(SOURCE DATA)
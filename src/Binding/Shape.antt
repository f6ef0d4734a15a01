-- ===== src/Binding/Shape.antt =====
-- Where the two pointers of python/openpcd.c lead, through the steps of a call.
use librfid.Prelude.{◌≡◌, ◌≢◌, refl, Option, none, some, Bool, true, false, if◌then◌else◌}
use librfid.Control.{M, Run, ok, returned, fault, out_of_fuel}
use librfid.Layer2.Handle.{Layer2Handle}
use librfid.Tcl.Handle.{ProtocolHandle, on_l2}
use librfid.Binding.{
  PcdState, Layer2Pointer, null, alone, shared, on_ph, on_l2h, drop_l2h, drop_ph, make_ph, ph_of,
  l2h_of, set_ph, set_alone, with_world_of, unshare, init_on, make_ph_of,
}
use librfid.Control.Post.{Post, put_back-Post}

-- Where the two pointers lead
pub data Shape : Type 0 where
  no_card : Shape
  layer2_only : Shape
  card : Shape
  broken : Shape

abbrev pub shape_of : {W : Type 0} → Layer2Pointer W → Option (ProtocolHandle W) → Shape
shape_of null none = no_card
shape_of (alone h) none = layer2_only
shape_of shared (some p) = card
shape_of _ _ = broken

abbrev pub shape : {W : Type 0} → PcdState W → Shape
shape s = shape_of s.l2h s.ph

abbrev pub In : {W A : Type 0} → Shape → A → PcdState W → Type 0
In σ a s = shape s ≡ σ

alone_no_card :
    {W : Type 0} (h : Layer2Handle W) (p : Option (ProtocolHandle W)) → shape_of (alone h) p ≢ card
alone_no_card h none c = cc
alone_no_card h (some p) c = cc

module _ {W A : Type 0} where
  ph_kept :
      (m : M (ProtocolHandle W) A) (l : Layer2Pointer W) (p : Option (ProtocolHandle W))
      (s : PcdState W)
      → s.l2h ≡ l
      → shape_of l p ≡ card
      → Post (In card) (ph_of m p s)
  ph_kept m null none s e c = cc
  ph_kept m null (some p) s e c = cc
  ph_kept m (alone h) none s e c = cc
  ph_kept m (alone h) (some p) s e c = cc
  ph_kept m shared none s e c = cc
  ph_kept m shared (some p) s e c =
      put_back-Post (In card) set_ph (m (with_world_of s.world p)) s (λ a t. rw e refl)

  pub on_ph_kept :
      (m : M (ProtocolHandle W) A) (s : PcdState W) → shape s ≡ card → Post (In card) (on_ph m s)
  unfolding on_ph
  on_ph_kept m s c = ph_kept m s.l2h s.ph s refl c

  l2h_alone :
      (m : M (Layer2Handle W) A) (l : Layer2Pointer W) (p : Option (ProtocolHandle W))
      (s : PcdState W)
      → s.ph ≡ p
      → shape_of l p ≡ layer2_only
      → Post (In layer2_only) (l2h_of m l s)
  l2h_alone m null none s e c = cc
  l2h_alone m null (some p) s e c = cc
  l2h_alone m (alone h) (some p) s e c = cc
  l2h_alone m shared none s e c = cc
  l2h_alone m shared (some p) s e c = cc
  l2h_alone m (alone h) none s e c =
      put_back-Post (In layer2_only) set_alone (m (record h { world = s.world })) s
        (λ a t. rw e refl)

  pub on_l2h_alone :
      (m : M (Layer2Handle W) A) (s : PcdState W)
      → shape s ≡ layer2_only
      → Post (In layer2_only) (on_l2h m s)
  unfolding on_l2h
  on_l2h_alone m s c = l2h_alone m s.l2h s.ph s refl c

  l2h_shared :
      (m : M (Layer2Handle W) A) (l : Layer2Pointer W) (s : PcdState W)
      → s.l2h ≡ l
      → shape_of l s.ph ≡ card
      → Post (In card) (l2h_of m l s)
  unfolding Post
  l2h_shared m null s e c = tt
  l2h_shared m (alone h) s e c = absurd (alone_no_card h s.ph c)
  l2h_shared m shared s e c = ph_kept (on_l2 m) shared s.ph s e c

  pub on_l2h_shared :
      (m : M (Layer2Handle W) A) (s : PcdState W) → shape s ≡ card → Post (In card) (on_l2h m s)
  unfolding on_l2h
  on_l2h_shared m s c = l2h_shared m s.l2h s refl c

module _ {W : Type 0} where
  unshared :
      (l : Layer2Pointer W) (p : Option (ProtocolHandle W))
      → shape_of l p ≡ card
      → shape_of (unshare l p) none ≡ layer2_only
  unshared null none c = cc
  unshared null (some p) c = cc
  unshared (alone h) none c = cc
  unshared (alone h) (some p) c = cc
  unshared shared none c = cc
  unshared shared (some p) c = refl

  pub drop_ph-Post : (s : PcdState W) → shape s ≡ card → Post (In layer2_only) (drop_ph s)
  unfolding Post drop_ph
  drop_ph-Post s c = unshared s.l2h s.ph c

  no_ph :
      (l : Layer2Pointer W) (p : Option (ProtocolHandle W)) → shape_of l p ≡ layer2_only → p ≡ none
  no_ph null none c = refl
  no_ph null (some p) c = cc
  no_ph (alone h) none c = refl
  no_ph (alone h) (some p) c = cc
  no_ph shared none c = refl
  no_ph shared (some p) c = cc

  pub drop_l2h-Post : (s : PcdState W) → shape s ≡ layer2_only → Post (In no_card) (drop_l2h s)
  unfolding Post
  drop_l2h-Post s c = rw (no_ph s.l2h s.ph c) refl

  abbrev pub MadeOrNot : Bool → PcdState W → Type 0
  MadeOrNot made s = shape s ≡ (if made then card else layer2_only)

  init_on-Post :
      (r : Run (ProtocolHandle W) Bool) (s : PcdState W) (h : Layer2Handle W)
      → Post MadeOrNot (init_on r s h)
  unfolding Post
  init_on-Post (ok true p) s h = refl
  init_on-Post (ok false p) s h = refl
  init_on-Post (returned r p) s h = tt
  init_on-Post fault s h = tt
  init_on-Post out_of_fuel s h = tt

  pub started :
      (h : Layer2Handle W) (l : Layer2Pointer W) (p : Option (ProtocolHandle W))
      → shape_of l p ≡ no_card
      → shape_of (alone h) p ≡ layer2_only
  started h l none c = refl
  started h null (some p) c = cc
  started h (alone h') (some p) c = cc
  started h shared (some p) c = cc

  make_ph_of-Post :
      (m : M (ProtocolHandle W) Bool) (block : ProtocolHandle W) (l : Layer2Pointer W)
      (s : PcdState W)
      → Post MadeOrNot (make_ph_of m block l s)
  unfolding Post
  make_ph_of-Post m block null s = tt
  make_ph_of-Post m block shared s = tt
  make_ph_of-Post m block (alone h) s = unfold Post in (init_on-Post _ s h)

  pub make_ph-Post :
      (m : M (ProtocolHandle W) Bool) (block : ProtocolHandle W) (s : PcdState W)
      → Post MadeOrNot (make_ph m block s)
  unfolding make_ph
  make_ph-Post m block s = make_ph_of-Post m block s.l2h s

(ASSIGNED TASK) The answer consists of every line above in which the word "module" occurs.

(RESPONSE TO THE EXERCISE)
module _ {W A : Type 0} where
module _ {W : Type 0} where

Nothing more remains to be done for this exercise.